> _What the task asks_: Reproduce the complete set of records, exactly as they appear.

> _The data_:
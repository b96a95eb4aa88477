-- ===== src/MmapAlloc/Remap.antt =====
-- A mapping that the kernel moves or extends, and calls before and after that change nothing.
use vec.Base.{
  ℕ, ◌+◌, ◌%◌, ◌≤◌, ◌<◌, ◌≡◌, ◌≢◌, ◌⊎◌, inl, inr, ◌∙◌, true, false, within, within-add, arith,
}
use vec.Build.{Config}
use vec.PageSize.{uses_mmap, mapped_size}
use vec.Machine.{free, Layout, Mem, Sys}
use vec.Machine.Effect.{Unchanged, Remapped}
use vec.Allocator.{Resized, ZeroedPast}
use vec.MmapAlloc.Hybrid.{hybrid, held-owned, still_held}

-- What both `grow` and `grow_zeroed` promise on the paths with a mapping.
abbrev pub Grown : Config → Sys → Mem → ℕ → Layout → Layout → ℕ → ℕ → Mem → Type 0
Grown c s m p old new q n m1 =
    Resized (hybrid c s) m m1 p old q new n old.size
    × ZeroedPast m m1 p old.size ((hybrid c s).extent old) q n

module _ (c : Config) (s : Sys) where
  abbrev extent : Layout → ℕ
  extent l = (hybrid c s).extent l

  module _ {m m1 m2 : Mem} (p q n k : ℕ) (old new : Layout) (held : (hybrid c s).Holds m p old)
      (re : Resized (hybrid c s) m m1 p old q new n k) (un : Unchanged m1 m2) where
    stays : (a : ℕ) → m.owner a ≢ free → within p (extent old) a ≡ false → m1.owner a ≢ free
    stays a h g = ground (arith, re.owners a, re.disjoint a)

    taken : (i : ℕ) → i < extent new → m2.byte (q + i) ≡ m1.byte (q + i)
    taken i h =
        un.byte (q + i) (held-owned c s m1 q new (q + i) re.held (within-add q (extent new) i h))

    pub Resized-after : k ≤ n → Resized (hybrid c s) m m2 p old q new n k
    Resized-after le = record {
      aligned = re.aligned;
      enough = re.enough;
      within_extent = re.within_extent;
      held = still_held c s m1 m2 q new (λ e. un.block q) (λ a h. un.owner a) re.held;
      kept = λ i h. taken i (omega (arith, re.within_extent)) ∙ re.kept i h;
      released = λ a h g. un.owner a ∙ re.released a h g;
      owners = λ a h g. un.owner a ∙ re.owners a h g;
      disjoint = re.disjoint;
      bytes = λ a h g. un.byte a (stays a h g) ∙ re.bytes a h g;
      others = λ r x big ne away h.
          still_held c s m1 m2 r x (λ e. un.block r) (λ a g. un.owner a)
            (re.others r x big ne away h);
    }

    pub ZeroedPast-after :
        ZeroedPast m m1 p k (extent old) q n → ZeroedPast m m2 p k (extent old) q n
    ZeroedPast-after z i h g = go (z i h g)
      where
        same : m2.byte (q + i) ≡ m1.byte (q + i)
        same = taken i (omega (arith, re.within_extent))

        go :
            (m1.byte (q + i) ≡ 0) ⊎ ((i < extent old) × (m1.byte (q + i) ≡ m.byte (p + i)))
            → (m2.byte (q + i) ≡ 0) ⊎ ((i < extent old) × (m2.byte (q + i) ≡ m.byte (p + i)))
        go (inl e) = inl (same ∙ e)
        go (inr (lt, e)) = inr (lt, same ∙ e)

  module _ {m m1 m2 : Mem} (p q n k : ℕ) (old new : Layout) (held : (hybrid c s).Holds m p old)
      (un : Unchanged m m1) (re : Resized (hybrid c s) m1 m2 p old q new n k) where
    pub Resized-before : k ≤ extent old → Resized (hybrid c s) m m2 p old q new n k
    Resized-before le = record {
      aligned = re.aligned;
      enough = re.enough;
      within_extent = re.within_extent;
      held = re.held;
      kept = λ i h.
          re.kept i h
          ∙ un.byte (p + i)
              (held-owned c s m p old (p + i) held (within-add p (extent old) i (omega arith)));
      released = re.released;
      owners = λ a h g. re.owners a h g ∙ un.owner a;
      disjoint = λ a h. ground (arith, un.owner a, re.disjoint a h);
      bytes = λ a h g. re.bytes a (ground (arith, un.owner a)) g ∙ un.byte a h;
      others = λ r x big ne away h.
          re.others r x big ne away
            (still_held c s m m1 r x (λ e. un.block r) (λ a g. un.owner a) h);
    }

  -- The kernel has made `k` bytes of the `n` of a mapping.
  pub Remapped-Resized :
      {m m1 : Mem} (p q j : ℕ) (old new : Layout)
      → uses_mmap c old.size ≡ true
      → uses_mmap c new.size ≡ true
      → Remapped s.page_size m m1 p (mapped_size c old.size) q (mapped_size c new.size)
      → q % 64 ≡ 0
      → j ≤ mapped_size c old.size
      → j ≤ mapped_size c new.size
      → new.size ≤ mapped_size c new.size
      → Resized (hybrid c s) m m1 p old q new (mapped_size c new.size) j
  Remapped-Resized {m} {m1} p q j old new on on' re aligned le le' enough = record {
    aligned = aligned;
    enough = enough;
    within_extent = rw on' (omega arith);
    held = rw on' (record { mapped = λ a h. re.moved.owner a ∙ rw h; whole = re.aligned });
    kept = λ i h. re.moved.kept i (omega arith) (omega arith);
    released = rw (on, on') (λ a h g. re.moved.owner a ∙ rw (g, h));
    owners = rw (on, on') (λ a h g. re.moved.owner a ∙ rw (g, h));
    disjoint = rw (on, on') re.moved.fresh;
    bytes = rw on re.moved.byte;
    others = λ r x big ne away h.
        still_held c s m m1 r x (λ e. re.blocks r)
          (λ a g. same a (held-owned c s m r x a h g) ((rw on at away a) g)) h;
  }
    where
      same :
          (a : ℕ)
          → m.owner a ≢ free
          → within p (mapped_size c old.size) a ≡ false
          → m1.owner a ≡ m.owner a
      same a h g = ground (arith, re.moved.owner a, re.moved.fresh a)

> _Result below_:
repository b96a95eb4aa88477
-- ===== src/MmapAlloc/Remap.antt =====
-- A mapping that the kernel moves or extends, and calls before and after that change nothing.
use vec.Base.{
  ℕ, ◌+◌, ◌%◌, ◌≤◌, ◌<◌, ◌≡◌, ◌≢◌, ◌⊎◌, inl, inr, ◌∙◌, true, false, within, within-add, arith,
}
use vec.Build.{Config}
use vec.PageSize.{uses_mmap, mapped_size}
use vec.Machine.{free, Layout, Mem, Sys}
use vec.Machine.Effect.{Unchanged, Remapped}
use vec.Allocator.{Resized, ZeroedPast}
use vec.MmapAlloc.Hybrid.{hybrid, held-owned, still_held}

-- What both `grow` and `grow_zeroed` promise on the paths with a mapping.
abbrev pub Grown : Config → Sys → Mem → ℕ → Layout → Layout → ℕ → ℕ → Mem → Type 0
Grown c s m p old new q n m1 =
    Resized (hybrid c s) m m1 p old q new n old.size
    × ZeroedPast m m1 p old.size ((hybrid c s).extent old) q n

module _ (c : Config) (s : Sys) where
  abbrev extent : Layout → ℕ
  extent l = (hybrid c s).extent l

  module _ {m m1 m2 : Mem} (p q n k : ℕ) (old new : Layout) (held : (hybrid c s).Holds m p old)
      (re : Resized (hybrid c s) m m1 p old q new n k) (un : Unchanged m1 m2) where
    stays : (a : ℕ) → m.owner a ≢ free → within p (extent old) a ≡ false → m1.owner a ≢ free
    stays a h g = ground (arith, re.owners a, re.disjoint a)

    taken : (i : ℕ) → i < extent new → m2.byte (q + i) ≡ m1.byte (q + i)
    taken i h =
        un.byte (q + i) (held-owned c s m1 q new (q + i) re.held (within-add q (extent new) i h))

    pub Resized-after : k ≤ n → Resized (hybrid c s) m m2 p old q new n k
    Resized-after le = record {
      aligned = re.aligned;
      enough = re.enough;
      within_extent = re.within_extent;
      held = still_held c s m1 m2 q new (λ e. un.block q) (λ a h. un.owner a) re.held;
      kept = λ i h. taken i (omega (arith, re.within_extent)) ∙ re.kept i h;
      released = λ a h g. un.owner a ∙ re.released a h g;
      owners = λ a h g. un.owner a ∙ re.owners a h g;
      disjoint = re.disjoint;
      bytes = λ a h g. un.byte a (stays a h g) ∙ re.bytes a h g;
      others = λ r x big ne away h.
          still_held c s m1 m2 r x (λ e. un.block r) (λ a g. un.owner a)
            (re.others r x big ne away h);
    }

    pub ZeroedPast-after :
        ZeroedPast m m1 p k (extent old) q n → ZeroedPast m m2 p k (extent old) q n
    ZeroedPast-after z i h g = go (z i h g)
      where
        same : m2.byte (q + i) ≡ m1.byte (q + i)
        same = taken i (omega (arith, re.within_extent))

        go :
            (m1.byte (q + i) ≡ 0) ⊎ ((i < extent old) × (m1.byte (q + i) ≡ m.byte (p + i)))
            → (m2.byte (q + i) ≡ 0) ⊎ ((i < extent old) × (m2.byte (q + i) ≡ m.byte (p + i)))
        go (inl e) = inl (same ∙ e)
        go (inr (lt, e)) = inr (lt, same ∙ e)

  module _ {m m1 m2 : Mem} (p q n k : ℕ) (old new : Layout) (held : (hybrid c s).Holds m p old)
      (un : Unchanged m m1) (re : Resized (hybrid c s) m1 m2 p old q new n k) where
    pub Resized-before : k ≤ extent old → Resized (hybrid c s) m m2 p old q new n k
    Resized-before le = record {
      aligned = re.aligned;
      enough = re.enough;
      within_extent = re.within_extent;
      held = re.held;
      kept = λ i h.
          re.kept i h
          ∙ un.byte (p + i)
              (held-owned c s m p old (p + i) held (within-add p (extent old) i (omega arith)));
      released = re.released;
      owners = λ a h g. re.owners a h g ∙ un.owner a;
      disjoint = λ a h. ground (arith, un.owner a, re.disjoint a h);
      bytes = λ a h g. re.bytes a (ground (arith, un.owner a)) g ∙ un.byte a h;
      others = λ r x big ne away h.
          re.others r x big ne away
            (still_held c s m m1 r x (λ e. un.block r) (λ a g. un.owner a) h);
    }

  -- The kernel has made `k` bytes of the `n` of a mapping.
  pub Remapped-Resized :
      {m m1 : Mem} (p q j : ℕ) (old new : Layout)
      → uses_mmap c old.size ≡ true
      → uses_mmap c new.size ≡ true
      → Remapped s.page_size m m1 p (mapped_size c old.size) q (mapped_size c new.size)
      → q % 64 ≡ 0
      → j ≤ mapped_size c old.size
      → j ≤ mapped_size c new.size
      → new.size ≤ mapped_size c new.size
      → Resized (hybrid c s) m m1 p old q new (mapped_size c new.size) j
  Remapped-Resized {m} {m1} p q j old new on on' re aligned le le' enough = record {
    aligned = aligned;
    enough = enough;
    within_extent = rw on' (omega arith);
    held = rw on' (record { mapped = λ a h. re.moved.owner a ∙ rw h; whole = re.aligned });
    kept = λ i h. re.moved.kept i (omega arith) (omega arith);
    released = rw (on, on') (λ a h g. re.moved.owner a ∙ rw (g, h));
    owners = rw (on, on') (λ a h g. re.moved.owner a ∙ rw (g, h));
    disjoint = rw (on, on') re.moved.fresh;
    bytes = rw on re.moved.byte;
    others = λ r x big ne away h.
        still_held c s m m1 r x (λ e. re.blocks r)
          (λ a g. same a (held-owned c s m r x a h g) ((rw on at away a) g)) h;
  }
    where
      same :
          (a : ℕ)
          → m.owner a ≢ free
          → within p (mapped_size c old.size) a ≡ false
          → m1.owner a ≡ m.owner a
      same a h g = ground (arith, re.moved.owner a, re.moved.fresh a)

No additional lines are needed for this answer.